Hardware is the general term used to describe the physical components of a computer system. The components include:
Processor: The part of the computer that runs the programs or apps you will need.
Storage: The location where you store your work. You can also store information on a flash drive or in the network cloud.
Peripherals: The tools you need to interact with your computer, such as the monitor or screen, keyboard and mouse/ touchpad.
Most computers are referred to as either Windows or Apple. Whilst many companies make computers that use a Windows Operating System (OS), Apple exclusively makes their own computers using a Unix based operating system called ‘Mac OSX’. Linux is another Unix based system, and it has many different versions such as Red Hat and Ubuntu. Linux will run on computers designed for a Windows OS but requires many workarounds and considerable computer expertise to keep maintained.
A desktop computer with one of the mentioned operating systems will prove suitable for your at-home study. There are also computers available in the library and computer labs for on-campus study. You will simply need to use a flash drive or cloud storage to keep your files with you.
If you plan to purchase a new computer, consider a laptop. Laptops are handy because you can study wherever you are. You can use the cloud or a flash drive for backups, but your work will be with you wherever you go.
Your basic computer will require some other components incorporated into its system, including:
To connect your flash drive to the laptop, you will need at least one USB port. If you need to connect peripherals such as a mouse via USB, then having two or more USB ports is desirable. Some laptops have five USB or even more built in to them.
If you have ‘inherited’ an older laptop with few USB ports, just buy an external USB docking gadget.

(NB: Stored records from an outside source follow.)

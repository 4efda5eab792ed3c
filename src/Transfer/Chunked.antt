-- ===== src/Transfer/Chunked.antt =====
-- `handle_chunked_file_download` and `handle_chunked_file_upload`.
use action_learning_p2p_vers.Prelude.{
  ℕ, ◌+◌, ◌*◌, Bool, true, false, [], ◌++◌, Option, none, some, if◌then◌else◌, drop,
}
use action_learning_p2p_vers.Prelude.Int.{ℤ, pos, negsuc}
use action_learning_p2p_vers.Prelude.Text.{Text, text_eq, codes}
use action_learning_p2p_vers.Disk.Paths.{parent_path, path_join}
use action_learning_p2p_vers.Disk.Io.{Disk, Result, ok, threw, Io, pure, ◌>>=◌, ◌>>◌, try_catch}
use action_learning_p2p_vers.Disk.Ops.{
  remove, rename, create_directories, open_truncate, open_update, append, write_at, read_file,
}
use action_learning_p2p_vers.Crypto.Evp.{Evp}
use action_learning_p2p_vers.Crypto.Sha.{sha256_file}
use action_learning_p2p_vers.Sockets.{Net}
use action_learning_p2p_vers.Transfer.Download.{tmp_of, check_hash}
use action_learning_p2p_vers.Transfer.Upload.{
  Push, all_sent, write_timeout, write_error, stuck, send_loop,
}

-- Which message the chunk handler ends with; `chunk_stored` is the silent end of a chunk that is
-- not the last.
pub data ChunkOutcome : Type 0 where
  chunk_mismatch chunk_open_failed chunk_write_failed chunk_exception : ChunkOutcome
  file_mismatch chunk_stored file_complete : ChunkOutcome

abbrev pub chk_of : Text → Text
chk_of dest = tmp_of dest ++ codes ".chk"

abbrev pub hash_or_empty : Option Text → Text
hash_or_empty none = []
hash_or_empty (some h) = h

-- A write on a stream that did not open does nothing.
abbrev pub write_if : Bool → Text → Text → Io Bool
write_if true path bytes = append path bytes
write_if false path bytes = pure false

-- The first stream wants the file to be there; the second makes it.
unfoldable pub open_chunk : Text → Io Bool
open_chunk tmp = open_update tmp >>= λ there. if there then pure true else open_truncate tmp

-- `seekp` to a negative offset sets the state of failure.
unfoldable pub write_chunk : Text → ℤ → Text → Io Bool
write_chunk tmp (negsuc k) chunk_data = pure false
write_chunk tmp (pos offset) chunk_data = write_at tmp offset chunk_data

unfoldable pub install_file : Text → Text → Bool → Io ChunkOutcome
install_file tmp dest false = remove tmp >>= λ _. pure file_mismatch
install_file tmp dest true = rename tmp dest >>= λ _. pure file_complete

module _ (e : Evp) where
  -- The digest of the chunk, by way of a file that is removed again.
  unfoldable pub hash_chunk : Text → Text → Io Text
  hash_chunk chk chunk_data = do
    opened ← open_truncate chk
    written ← write_if opened chk chunk_data
    actual ← sha256_file e chk
    gone ← remove chk
    pure (hash_or_empty actual)

  unfoldable pub after_chunk : Text → Text → Bool → Text → Bool → Io ChunkOutcome
  unfolding install_file
  after_chunk tmp dest is_last expected_hash false = pure chunk_write_failed
  after_chunk tmp dest is_last expected_hash true =
      if is_last
      then (check_hash e tmp expected_hash >>= install_file tmp dest)
      else pure chunk_stored

  unfoldable pub after_open : Text → Text → Text → ℤ → Bool → Text → Bool → Io ChunkOutcome
  unfolding after_chunk write_chunk
  after_open tmp dest chunk_data offset is_last expected_hash false = pure chunk_open_failed
  after_open tmp dest chunk_data offset is_last expected_hash true =
      write_chunk tmp offset chunk_data >>= after_chunk tmp dest is_last expected_hash

  -- The `try` block and its handler, which leaves the temporary file.
  unfoldable pub store_chunk : Text → Text → Text → ℤ → Bool → Text → Io ChunkOutcome
  unfolding open_chunk after_open
  store_chunk tmp dest chunk_data offset is_last expected_hash =
      try_catch
        (create_directories (parent_path dest)
          >> (open_chunk tmp >>= after_open tmp dest chunk_data offset is_last expected_hash))
        (pure chunk_exception)

  unfoldable pub receive_chunk : Text → Text → ℤ → Text → Bool → Text → Io ChunkOutcome
  unfolding hash_chunk store_chunk
  receive_chunk dest chunk_data offset chunk_checksum is_last expected_hash =
      hash_chunk (chk_of dest) chunk_data >>= λ actual.
      if text_eq actual chunk_checksum
      then store_chunk (tmp_of dest) dest chunk_data offset is_last expected_hash
      else pure chunk_mismatch

  unfoldable pub handle_chunked_file_download :
      Text → Text → Text → ℤ → Text → Bool → Text → Io ChunkOutcome
  unfolding receive_chunk
  handle_chunked_file_download watch rel chunk_data offset chunk_checksum is_last expected_hash =
      receive_chunk (path_join watch rel) chunk_data offset chunk_checksum is_last expected_hash

-- How the chunked upload ends: `chunks_stuck` is the model's own.
pub data ChunkUpload : Type 0 where
  source_open_failed chunks_write_failed chunks_stuck : ChunkUpload
  chunks_sent : ℤ → ChunkUpload

abbrev pub chunk_size : ℕ
chunk_size = 16 * 1024 * 1024

abbrev pub upload_end : ℕ → Push → ChunkUpload
upload_end total all_sent = chunks_sent (pos total)
upload_end total write_timeout = chunks_write_failed
upload_end total write_error = chunks_write_failed
upload_end total stuck = chunks_stuck

module _ (n : Net) where
  -- `seekg` to a negative offset sets the state of failure, and the first `read` gets nothing.
  unfoldable pub send_chunks : ℤ → ℤ → ℤ → Text → n.World → ChunkUpload × n.World
  send_chunks fd file_size (negsuc k) content w = (chunks_sent (negsuc k), w)
  send_chunks fd (negsuc k) (pos start) content w = (chunks_sent (pos start), w)
  send_chunks fd (pos size) (pos start) content w =
      let (total, how, w') =
        send_loop n chunk_size (size + 1) fd size start (drop start content) w in
      (upload_end total how, w')

  unfoldable pub upload_opened :
      ℤ → ℤ → ℤ → n.World → Result (Option Text) × Disk → (Result ChunkUpload × Disk) × n.World
  unfolding send_chunks
  upload_opened fd file_size start w (ok none, d) = ((ok source_open_failed, d), w)
  upload_opened fd file_size start w (ok (some content), d) =
      let (how, w') = send_chunks fd file_size start content w in ((ok how, d), w')
  upload_opened fd file_size start w (threw, d) = ((threw, d), w)

  unfoldable pub handle_chunked_file_upload :
      Text → Text → ℤ → ℤ → ℤ → Disk → n.World → (Result ChunkUpload × Disk) × n.World
  unfolding upload_opened
  handle_chunked_file_upload watch rel fd file_size start d w =
      upload_opened fd file_size start w (read_file (path_join watch rel) d)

Wireless networking or Wi-Fi capability
It is reasonable to expect that all modern computers will have the ability to connect to a wireless network. This is the simplest way to connect to the internet when at a university campus; it can also be used to connect to your phone or your home router.
It is also beneficial, though not essential, to have either a HDMI or other video output for connecting a second monitor. For more on this, go to the information on peripherals.
Your computer will have two types of memory. Memory used to process your work, and memory needed to store your programs and files. Memory is measured in terms of Bytes.
The capacity of computer memory is constantly improving. From kilobytes (kB: 1 000) in the 80s we progressed to megabytes (MB: 1 000 000), then gigabytes (GB: 1 000 000 000) and it is now possible to find devices which store terabytes (TB: 1 000 000 000 000).
The peripherals you will need are:
- mouse and
Laptop packages often include all except the printer. Many assignments can be submitted online as Word or PDF files so you may not need a printer at home. The University has public printing available in the library and at other key locations across its campuses. If you choose to buy a printer, be aware that the real cost is in refilling ink cartridges. Often a year’s supply of ink cartridges will cost far more than the actual printer.
A larger screen may be beneficial when working from home with a laptop. Widescreen format LCD screens can easily display two documents at once. Having extra screen space gives you more options to design a virtual workspace that suits you.
Most laptop keyboards are smaller than a full keyboard, which can impact on your forearms if you do concentrated work on it. Consider getting a full-size or ergonomic keyboard and/or mouse to plug into your laptop for long-haul study.
The touchpad on a laptop is adequate for general computing needs. However, a wireless mouse will make navigation easier. Wireless mouse/keyboard combinations are available, and use a dongle that supports both devices.
How you set up your computer work space can seriously affect both your productivity and your health. Our bodies aren’t built to sit for long periods of time, and if you don’t take time to adjust your work space, your body will tell you all about it.
Be aware that most laptop keyboards are smaller than a full keyboard, which can impact on your forearms if you do concentrated work on it. Consider getting a full-size or ergonomic keyboard and/or mouse to plug into your laptop for long-haul study.
Avoid RSI, get some tips on sitting at a computer.
Many of the University’s systems can be accessed through your Android or Apple tablet and phone. However, the small screen size and limited functionality makes this a good back-up system at best. Do not expect to complete your studies on a device of this type.